### What is being asked
For each line of the listing that includes the word "AvlError", show the whole line.
** Opening Data to use block **
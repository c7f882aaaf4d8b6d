-- ===== src/Interface/Reading.antt =====
-- lib/interface.c: `varlink_interface_new`, which reads the description of an interface.
--
-- Allocation succeeds, and a method has no callback yet. The types are read on fuel, and so is the loop over the
-- members: the length of the description and one more.
use libvarlink.Prelude.{
  ℕ, zero, suc, ◌+◌, List, [], ◌∷◌, Bool, true, false, not, ◌&&◌, ◌||◌, Option, none, some, Result,
  ok, err, ◌==◌, if◌then◌else◌, length,
}
use libvarlink.KeyOrder.{string_order}
use libvarlink.Error.{panic, invalid_interface}
use libvarlink.Avl.{AvlError, key_exists, AvlTree, avl_tree_new, avl_tree_insert}
use libvarlink.Scanner.{
  Scanner, ScannerError, interface_keyword_expected, keyword_expected, interface_name_invalid,
  object_expected, duplicate_member_name, member_name_invalid, operator_expected, type_expected,
  unknown_type, scanner_new, scanner_error, scanner_peek, scanner_read_keyword,
  scanner_expect_operator,
}
use libvarlink.Scanner.Names.{scanner_expect_interface_name, scanner_expect_member_name}
use libvarlink.Scanner.Docs.{scanner_get_last_docstring}
use libvarlink.Types.{
  VarlinkType, array_type, map_type, alias_type, enum_type, object_type, Fields, no_fields,
  bare_field, typed_field, done, failed, overread, out_of_fuel, Run, ◌>>=◌, run, expect_docstring,
  varlink_type_new_from_scanner,
}
use libvarlink.Types.Print.{is_object}
use libvarlink.Interface.{
  MemberType, member_alias, member_error, member_method, VarlinkInterfaceMember, VarlinkInterface,
  member_name, varlink_interface_get_type,
}

-- "interface", "type", "method", "error"
abbrev pub interface_keyword : List ℕ
interface_keyword = b'i' ∷ b'n' ∷ b't' ∷ b'e' ∷ b'r' ∷ b'f' ∷ b'a' ∷ b'c' ∷ b'e' ∷ []

abbrev pub type_keyword : List ℕ
type_keyword = b't' ∷ b'y' ∷ b'p' ∷ b'e' ∷ []

abbrev pub method_keyword : List ℕ
method_keyword = b'm' ∷ b'e' ∷ b't' ∷ b'h' ∷ b'o' ∷ b'd' ∷ []

abbrev pub error_keyword : List ℕ
error_keyword = b'e' ∷ b'r' ∷ b'r' ∷ b'o' ∷ b'r' ∷ []

-- `if (r < 0) { scanner_error (..); return r; }`
abbrev pub reported {ℓ} : {A : Type ℓ} → ScannerError → Run A → Run A
reported n (s, failed e) = (scanner_error s n, failed e)
reported n (s, done a) = (s, done a)
reported n (s, overread) = (s, overread)
reported n (s, out_of_fuel) = (s, out_of_fuel)

-- The same, with `-VARLINK_ERROR_INVALID_INTERFACE` returned.
abbrev pub as_invalid {ℓ} : {A : Type ℓ} → ScannerError → Run A → Run A
as_invalid n (s, failed e) = (scanner_error s n, failed invalid_interface)
as_invalid n (s, done a) = (s, done a)
as_invalid n (s, overread) = (s, overread)
as_invalid n (s, out_of_fuel) = (s, out_of_fuel)

abbrev pub is_enum : VarlinkType → Bool
is_enum (enum_type _) = true
is_enum _ = false

abbrev pub require_object : Bool → Scanner → Run (Unit {0})
require_object b s =
    if b then (s, done tt) else (scanner_error s object_expected, failed invalid_interface)

unfoldable pub expect_name : Scanner → Run (List ℕ)
expect_name s = reported member_name_invalid (run (scanner_expect_member_name s))

-- The tree and the members, in the order of the description.
abbrev pub Members : Type 0 → Type 0
Members C = AvlTree (VarlinkInterfaceMember C) × List (VarlinkInterfaceMember C)

abbrev pub is_known : Option VarlinkType → Bool
is_known none = false
is_known (some t) = true

abbrev pub expect_keyword : Scanner × Bool → Run (Unit {0})
expect_keyword (s, true) = (s, done tt)
expect_keyword (s, false) = (scanner_error s interface_keyword_expected, failed invalid_interface)

module _ {C : Type 0} where
  unfoldable pub read_alias_member : ℕ → Scanner → Run (VarlinkInterfaceMember C)
  read_alias_member fuel s = do
    (s, description) ← expect_docstring (scanner_get_last_docstring s)
    (s, name) ← expect_name s
    (s, alias) ← reported member_name_invalid (varlink_type_new_from_scanner fuel s)
    (s, _) ← require_object (is_object alias || is_enum alias) s
    (s, done (record { name = name; description = description; type = member_alias alias }))

  unfoldable pub read_method_member : ℕ → Scanner → Run (VarlinkInterfaceMember C)
  read_method_member fuel s = do
    (s, description) ← expect_docstring (scanner_get_last_docstring s)
    (s, name) ← expect_name s
    (s, type_in) ← reported member_name_invalid (varlink_type_new_from_scanner fuel s)
    (s, _) ← as_invalid operator_expected (run (scanner_expect_operator s (b'-' ∷ b'>' ∷ [])))
    (s, type_out) ← as_invalid type_expected (varlink_type_new_from_scanner fuel s)
    (s, _) ← require_object (is_object type_in && is_object type_out) s
    (
      s,
      done (record {
        name = name;
        description = description;
        type = member_method (record { type_in = type_in; type_out = type_out; callback = none });
      }),
    )

  unfoldable pub read_error_member : ℕ → Scanner → Run (VarlinkInterfaceMember C)
  read_error_member fuel s = do
    (s, description) ← expect_docstring (scanner_get_last_docstring s)
    (s, name) ← expect_name s
    (s, error) ← reported member_name_invalid (varlink_type_new_from_scanner fuel s)
    (s, _) ← require_object (is_object error) s
    (s, done (record { name = name; description = description; type = member_error error }))

  unfoldable pub read_member : ℕ → Scanner → Run (VarlinkInterfaceMember C)
  read_member fuel s =
      let (s₁, is_type) = scanner_read_keyword s type_keyword in
      let (s₂, is_method) = scanner_read_keyword s₁ method_keyword in
      let (s₃, is_error) = scanner_read_keyword s₂ error_keyword in
      if is_type
      then read_alias_member fuel s₁
      else if is_method
      then read_method_member fuel s₂
      else if is_error
      then read_error_member fuel s₃
      else (scanner_error s₃ keyword_expected, failed invalid_interface)

  -- `avl_tree_insert (interface->member_tree, member->name, member)` with its errors
  abbrev pub member_inserted :
      Scanner
      → Result AvlError (AvlTree (VarlinkInterfaceMember C))
      → Run (AvlTree (VarlinkInterfaceMember C))
  member_inserted s (ok tree) = (s, done tree)
  member_inserted s (err key_exists) =
      (scanner_error s duplicate_member_name, failed invalid_interface)
  member_inserted s (err _) = (s, failed panic)

  unfoldable pub insert_member :
      Scanner
      → AvlTree (VarlinkInterfaceMember C)
      → VarlinkInterfaceMember C
      → Run (AvlTree (VarlinkInterfaceMember C))
  insert_member s tree m = member_inserted s (avl_tree_insert member_name tree m.name m)

  -- A round of the loop; the rest of it is an argument.
  unfoldable pub add_member :
      ℕ
      → (AvlTree (VarlinkInterfaceMember C) → Scanner → Run (Members C))
      → AvlTree (VarlinkInterfaceMember C)
      → Scanner
      → Run (Members C)
  add_member fuel more tree s = do
    (s, member) ← read_member fuel s
    (s, tree) ← insert_member s tree member
    (s, rest) ← more tree s
    (s, done (rest.0, member ∷ rest.1))

  abbrev pub unless_end :
      AvlTree (VarlinkInterfaceMember C)
      → (Scanner → Run (Members C))
      → Scanner × ℕ
      → Run (Members C)
  unless_end tree read (s, c) = if c == 0 then (s, done (tree, [])) else read s

  unfoldable pub read_members :
      ℕ → ℕ → AvlTree (VarlinkInterfaceMember C) → Scanner → Run (Members C)
  read_members fuel zero tree s = (s, out_of_fuel)
  read_members fuel (suc n) tree s =
      unless_end tree (λ t. add_member fuel (λ d u. read_members fuel n d u) tree t)
        (scanner_peek s)

  -- Are all the types known that a type names? The element of a maybe is not looked at.
  unfoldable mutual
    pub varlink_interface_try_resolve : VarlinkInterface C → VarlinkType → Bool
    varlink_interface_try_resolve i (array_type t) = varlink_interface_try_resolve i t
    varlink_interface_try_resolve i (map_type t) = varlink_interface_try_resolve i t
    varlink_interface_try_resolve i (object_type fs) = try_fields i fs
    varlink_interface_try_resolve i (alias_type name) = is_known (varlink_interface_get_type i name)
    varlink_interface_try_resolve i _ = true

    pub try_fields : VarlinkInterface C → Fields → Bool
    try_fields i no_fields = true
    try_fields i (bare_field _ _ rest) = try_fields i rest
    try_fields i (typed_field _ _ t rest) = varlink_interface_try_resolve i t && try_fields i rest

  abbrev pub try_member : VarlinkInterface C → MemberType C → Bool
  try_member i (member_alias t) = varlink_interface_try_resolve i t
  try_member i (member_error t) = varlink_interface_try_resolve i t
  try_member i (member_method m) =
      varlink_interface_try_resolve i m.type_in && varlink_interface_try_resolve i m.type_out

  unfoldable pub check_types : VarlinkInterface C → List (VarlinkInterfaceMember C) → Bool
  check_types i [] = true
  check_types i (m ∷ ms) = try_member i m.type && check_types i ms

  abbrev pub resolved : VarlinkInterface C → Scanner → Run (VarlinkInterface C)
  resolved i s =
      if check_types i i.members
      then (s, done i)
      else (scanner_error s unknown_type, failed invalid_interface)

  unfoldable pub varlink_interface_new_from_scanner : ℕ → Scanner → Run (VarlinkInterface C)
  varlink_interface_new_from_scanner fuel s = do
    (s, description) ← expect_docstring (scanner_get_last_docstring s)
    (s, _) ← expect_keyword (scanner_read_keyword s interface_keyword)
    (s, name) ← reported interface_name_invalid (run (scanner_expect_interface_name s))
    (s, members) ← read_members fuel fuel avl_tree_new s
    resolved
        (record {
          name = name;
          description = description;
          members = members.1;
          member_tree = members.0;
        })
        s

  -- Whatever the error is, an invalid interface is reported.
  abbrev pub interface_at_end : Run (VarlinkInterface C) → Run (VarlinkInterface C)
  interface_at_end (s, failed e) = (s, failed invalid_interface)
  interface_at_end (s, overread) = (s, overread)
  interface_at_end (s, out_of_fuel) = (s, out_of_fuel)
  interface_at_end (s, done i) =
      let (t, c) = scanner_peek s in
      if not (c == 0) then (t, failed invalid_interface) else (t, done i)

  unfoldable pub varlink_interface_new : List ℕ → Run (VarlinkInterface C)
  varlink_interface_new description =
      interface_at_end
        (varlink_interface_new_from_scanner (length description + 1) (scanner_new description true))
** Closing Data to use block **
### Exercise response
use libvarlink.Avl.{AvlError, key_exists, AvlTree, avl_tree_new, avl_tree_insert}
      → Result AvlError (AvlTree (VarlinkInterfaceMember C))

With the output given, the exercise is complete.